近年、マフィア粛清説に代わりニュージャージー警官首謀説が提示された。1950年12月キーフォーヴァー委員会で証言した時、マフィアから賄賂を受け取っていた地元警官の存在をにおわす発言をしており、当局のマフィア弾圧をけん制するためだったとみられるが、これが地元の汚職警官グループを慌てさせた。従来、ニュージャージー州はニューヨーク州に比べて賭博規制が緩やかで、違法賭博が比較的おおっぴらに行われた。警官は賄賂をもらって見て見ぬ振りをした。モレッティは公安当局をシャットアウトするための賄賂のデリバリー役としてアクティブで、地元警察との交渉窓口だった。しかし1940年代の終わり頃、風紀粛正の気運が高まり、汚職警官が何人も捕まった。そのような状況下で、モレッティは警官の賭博汚職の件で証人として州の査問委員会に出頭することになっていたが、その前に殺された。汚職警官グループが口封じに動いたという説である[12]。死の2日後その汚職警察幹部の1人が頭部に銃弾のある死体で発見された(ピストル自殺とされる)が、モレッティはその警察幹部について証言する予定だった[注釈 5]。

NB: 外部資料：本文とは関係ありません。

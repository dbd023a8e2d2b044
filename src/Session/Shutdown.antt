-- ===== src/Session/Shutdown.antt =====
-- session.rs: how `shutdown_and_join` ends the driver.
use research_ssh_next.Prelude.{
  then_branch, else_branch, false, ◌≡◌, refl, ap, ◌∙◌, sym, List, [], ◌∷◌, ◌++◌, Bool-cases, inl,
  inr, arith,
}
use mathlib.Core.Path.{subst}
use research_ssh_next.Fs.{FileProvider}
use research_ssh_next.Provider.{SshProvider}
use research_ssh_next.Session.Driver.{Command, Race, Driver, Input}
use research_ssh_next.Session.Handlers.{run, step, on_input, on_command, on_shutdown}

module _ {P S : Type 0} (ssh : SshProvider P S) (files : FileProvider S) where
  pub run_stopped : (is : List Input) (d : Driver P S) → d.running ≡ false → run ssh files is d ≡ d
  unfolding run step
  run_stopped [] d h = refl
  run_stopped (i ∷ is) d h =
      ap (run ssh files is) (else_branch d.running (on_input ssh files i d) d h)
      ∙ run_stopped is d h

  pub run-append :
      (is js : List Input) (d : Driver P S)
      → run ssh files (is ++ js) d ≡ run ssh files js (run ssh files is d)
  unfolding run
  run-append [] js d = refl
  run-append (i ∷ is) js d = run-append is js (step ssh files i d)

  -- The driver has stopped, and has emitted what another had.
  abbrev pub IsStopOf : Driver P S → Driver P S → Type 0
  IsStopOf before after =
      (after.running ≡ false)
      × (after.batches ≡ before.batches)
      × (after.file_results ≡ before.file_results)
      × (after.task_results ≡ before.task_results)

  on_shutdown-IsStopOf : (race : Race) (d : Driver P S) → IsStopOf d (on_shutdown ssh files race d)
  unfolding on_shutdown
  on_shutdown-IsStopOf race d = (ground arith, ground arith, ground arith, ground arith)

  step-IsStopOf :
      (race : Race) (d : Driver P S)
      → IsStopOf d (step ssh files (Input.command Command.shutdown race) d)
  unfolding step on_input on_command
  step-IsStopOf race d = elim (Bool-cases d.running) [
    | inl h ↦
        subst (IsStopOf d) (sym (then_branch d.running (on_shutdown ssh files race d) d h))
          (on_shutdown-IsStopOf race d)
    | inr h ↦
        subst (IsStopOf d) (sym (else_branch d.running (on_shutdown ssh files race d) d h))
          (h, refl, refl, refl)
  ]

  -- Whatever came before, a shutdown stops the driver, be its disconnect in time or not: nothing is
  -- emitted for it, and nothing for what comes later.
  pub run_shutdown :
      (is : List Input) (race : Race) (js : List Input) (d : Driver P S)
      → IsStopOf
          (run ssh files is d)
          (run ssh files (is ++ Input.command Command.shutdown race ∷ js) d)
  unfolding run
  run_shutdown is race js d =
      let before = run ssh files is d in
      let stop = step-IsStopOf race before in
      subst (IsStopOf before)
        (sym (
          run-append is (Input.command Command.shutdown race ∷ js) d
          ∙ run_stopped js (step ssh files (Input.command Command.shutdown race) before) stop.0))
        stop
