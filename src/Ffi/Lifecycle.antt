-- ===== src/Ffi/Lifecycle.antt =====
-- ffi.rs with session.rs: how a session is made, given its callbacks, and destroyed.
pub mod Create
pub mod Destroy
use research_ssh_next.Prelude.{
  ℕ, Text, Bytes, Bool, true, false, List, [], ◌∷◌, Option, none, some, if◌then◌else◌,
}
use mathlib.Core.Option
use research_ssh_next.Core.{RsErrorCode}
use research_ssh_next.Provider.{RsProviderKind, ConnectionConfig}
use research_ssh_next.Session.Driver.{Command}
use research_ssh_next.Session.Handle.{Session, send_cmd}
use research_ssh_next.Session.Gate.{Gate, new_gate, confirm_host_key}
use research_ssh_next.Ffi.Events.{RsEvent, Emitter, new_emitter, deactivate}
use research_ssh_next.Ffi.Files.{RsFsResult}
use research_ssh_next.Ffi.Tasks.{RsExecResult}
use research_ssh_next.Ffi.Calls.{Checked, good, bad, cstr_to_string}

-- `RsSessionConfig`, with pointers as in `RsEvent`.
pub record RsSessionConfig : Type 0 where
  pub host : Option Bytes
  pub port : ℕ
  pub username : Option Bytes
  pub provider : RsProviderKind

-- `RsSession`: the handle's calls, the host-key gate, the sink of events, the two slots, and whether
-- the driver's task is still to be joined.
pub record RsSession : Type 0 where
  pub config : ConnectionConfig
  pub session : Session
  pub gate : Gate
  pub emitter : Emitter RsEvent
  pub file_emitter : Option (Emitter RsFsResult)
  pub task_emitter : Option (Emitter RsExecResult)
  pub join : Bool

-- `Session::spawn`, but for the task.
unfoldable pub spawn : ConnectionConfig → Emitter RsEvent → RsSession
spawn config emitter = record {
  config = config;
  session = record { receiving = true; sent = []; next_request_id = 0 };
  gate = new_gate;
  emitter = emitter;
  file_emitter = none;
  task_emitter = none;
  join = true;
}

-- The pointer that is returned, and the code for `out_err`.
abbrev pub Created : Type 0
Created = Option RsSession × RsErrorCode

module _ (from_utf8 : Bytes → Option Text) where
  -- The checks after those for null, in their order.
  unfoldable pub create_with : RsSessionConfig → Created
  unfolding cstr_to_string spawn
  create_with config = elim (cstr_to_string from_utf8 config.host) [
    | bad code ↦ (none, code)
    | good host ↦ elim (cstr_to_string from_utf8 config.username) [
      | bad code ↦ (none, code)
      | good username ↦ (
        some (
            spawn
              (record {
                host = host;
                port = config.port;
                username = username;
                kind = config.provider;
              })
              new_emitter),
        RsErrorCode.ok,
      )
    ]
  ]

  -- `rscore_session_create`, where the first and the last argument say whether the core and the
  -- callback are given.
  unfoldable pub session_create : Bool → Option RsSessionConfig → Bool → Created
  unfolding create_with
  session_create false config cb = (none, RsErrorCode.null_argument)
  session_create true none cb = (none, RsErrorCode.null_argument)
  session_create true (some config) false = (none, RsErrorCode.null_argument)
  session_create true (some config) true = create_with config

-- A change of the session that a pointer leads to, if it leads to one.
with_live : Option RsSession → (RsSession → RsSession) → RsErrorCode × Option RsSession
with_live none f = (RsErrorCode.null_argument, none)
with_live (some s) f = (RsErrorCode.ok, some (f s))

-- The Boolean says whether the callback is given.
unfoldable pub session_set_file_callback : Bool → Option RsSession → RsErrorCode × Option RsSession
unfolding with_live
session_set_file_callback false session = (RsErrorCode.null_argument, session)
session_set_file_callback true session =
    with_live session (λ s. record s { file_emitter = some new_emitter })

unfoldable pub session_set_exec_callback : Bool → Option RsSession → RsErrorCode × Option RsSession
unfolding with_live
session_set_exec_callback false session = (RsErrorCode.null_argument, session)
session_set_exec_callback true session =
    with_live session (λ s. record s { task_emitter = some new_emitter })

unfoldable pub session_confirm_host_key : Bool → Option RsSession → RsErrorCode × Option RsSession
unfolding with_live confirm_host_key
session_confirm_host_key accept session =
    with_live session (λ s. record s { gate = confirm_host_key accept s.gate })

-- The emitters that the driver's task may still hold after a teardown.
pub record Sinks : Type 0 where
  pub emitter : Emitter RsEvent
  pub file_emitter : Option (Emitter RsFsResult)
  pub task_emitter : Option (Emitter RsExecResult)

-- What the driver makes of the emitters until it ends, or until the three seconds are over, is
-- `await`.
module _ (await : RsSession → RsSession) where
  unfoldable pub join_driver : RsSession → RsSession
  join_driver s = if s.join then await (record s { join = false }) else s

  unfoldable pub shutdown_and_join : RsSession → RsSession × Sinks
  unfolding join_driver send_cmd deactivate
  shutdown_and_join s =
      let s1 = join_driver (record s { session = (send_cmd Command.shutdown s.session).1 }) in
      let sinks : Sinks = record {
        emitter = deactivate s1.emitter;
        file_emitter = Option.map deactivate s1.file_emitter;
        task_emitter = Option.map deactivate s1.task_emitter;
      } in
      (record s1 { emitter = sinks.emitter; file_emitter = none; task_emitter = none }, sinks)

  -- `rscore_session_destroy`: what is left of the session, if there was one.
  unfoldable pub session_destroy : Option RsSession → Option Sinks
  unfolding shutdown_and_join
  session_destroy none = none
  session_destroy (some s) = some (shutdown_and_join s).1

1952年、モレッティのボディーガード、また兵隊の取りまとめ役としてシャドーのように暗躍した弟のサルヴァトーレ(ソリー・ムーア)が監獄で死亡し、公式には病死とされたが、殺害説が一部出ている[注釈 6][6]。
モレッティの死後、ニュージャージーの賭博利権は、ジェノヴェーゼの部下ジェラルド・カテナが引き継ぎ、またジェノヴェーゼが1936年以来となる副ボスに復帰した[7]。
映画『ゴッドファーザー』のモデルの1人とされ、特にフランク・シナトラとの交流エピソードが取り入れられた。